[Items listed in a dataset]
┄┄┄┄┄┄┄┄┄┄┄┄┄┄┄┄┄┄┄┄

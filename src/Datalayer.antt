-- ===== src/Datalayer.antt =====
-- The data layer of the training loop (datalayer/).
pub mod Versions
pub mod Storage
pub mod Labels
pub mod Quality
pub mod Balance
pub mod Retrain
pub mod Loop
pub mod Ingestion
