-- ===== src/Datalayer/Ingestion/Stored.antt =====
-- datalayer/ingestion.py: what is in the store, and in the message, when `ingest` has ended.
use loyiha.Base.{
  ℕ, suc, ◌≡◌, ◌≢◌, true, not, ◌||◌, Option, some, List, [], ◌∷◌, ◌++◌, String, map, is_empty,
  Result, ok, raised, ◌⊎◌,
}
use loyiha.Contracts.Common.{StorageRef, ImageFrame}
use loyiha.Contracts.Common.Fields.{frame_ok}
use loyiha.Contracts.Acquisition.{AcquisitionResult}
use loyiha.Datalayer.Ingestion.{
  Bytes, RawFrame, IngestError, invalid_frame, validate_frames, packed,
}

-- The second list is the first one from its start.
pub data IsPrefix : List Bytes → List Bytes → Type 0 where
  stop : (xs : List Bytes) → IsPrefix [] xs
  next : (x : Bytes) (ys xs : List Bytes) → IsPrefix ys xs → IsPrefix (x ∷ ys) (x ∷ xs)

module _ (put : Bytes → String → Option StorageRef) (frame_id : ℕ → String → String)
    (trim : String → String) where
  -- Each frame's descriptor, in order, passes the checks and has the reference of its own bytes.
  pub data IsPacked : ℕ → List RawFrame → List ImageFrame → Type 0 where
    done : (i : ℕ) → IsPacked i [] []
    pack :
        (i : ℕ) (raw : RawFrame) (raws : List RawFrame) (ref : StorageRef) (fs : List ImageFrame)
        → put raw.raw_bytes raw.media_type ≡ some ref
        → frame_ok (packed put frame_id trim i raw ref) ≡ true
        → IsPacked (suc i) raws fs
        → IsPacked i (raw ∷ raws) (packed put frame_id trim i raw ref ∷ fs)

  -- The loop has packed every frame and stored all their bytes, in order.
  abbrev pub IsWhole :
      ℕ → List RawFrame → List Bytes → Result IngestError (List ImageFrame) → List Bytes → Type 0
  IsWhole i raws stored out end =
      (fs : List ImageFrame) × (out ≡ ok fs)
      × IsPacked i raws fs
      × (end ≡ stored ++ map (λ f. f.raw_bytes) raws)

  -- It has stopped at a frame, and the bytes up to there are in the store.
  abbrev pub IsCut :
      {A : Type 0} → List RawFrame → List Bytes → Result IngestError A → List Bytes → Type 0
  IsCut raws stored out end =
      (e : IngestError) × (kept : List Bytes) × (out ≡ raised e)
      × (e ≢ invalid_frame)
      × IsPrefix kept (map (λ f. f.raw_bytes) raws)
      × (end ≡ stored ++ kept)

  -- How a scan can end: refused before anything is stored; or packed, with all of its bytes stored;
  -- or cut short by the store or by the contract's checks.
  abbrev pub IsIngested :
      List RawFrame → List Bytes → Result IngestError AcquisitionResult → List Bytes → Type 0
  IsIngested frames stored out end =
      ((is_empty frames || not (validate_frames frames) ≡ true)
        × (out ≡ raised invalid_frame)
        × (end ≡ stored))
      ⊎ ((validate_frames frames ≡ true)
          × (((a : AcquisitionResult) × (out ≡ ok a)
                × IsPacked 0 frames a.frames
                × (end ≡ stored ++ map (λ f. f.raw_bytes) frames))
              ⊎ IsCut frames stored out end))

┄┄┄┄┄┄┄┄┄┄┄┄┄┄┄┄┄┄┄┄

## [Activity]
From the line containing "AcquisitionResult → List Bytes → Type 0" through the last line of the records above, reproduce every line exactly.

## [Exercise output]
      List RawFrame → List Bytes → Result IngestError AcquisitionResult → List Bytes → Type 0
  IsIngested frames stored out end =
      ((is_empty frames || not (validate_frames frames) ≡ true)
        × (out ≡ raised invalid_frame)
        × (end ≡ stored))
      ⊎ ((validate_frames frames ≡ true)
          × (((a : AcquisitionResult) × (out ≡ ok a)
                × IsPacked 0 frames a.frames
                × (end ≡ stored ++ map (λ f. f.raw_bytes) frames))
              ⊎ IsCut frames stored out end))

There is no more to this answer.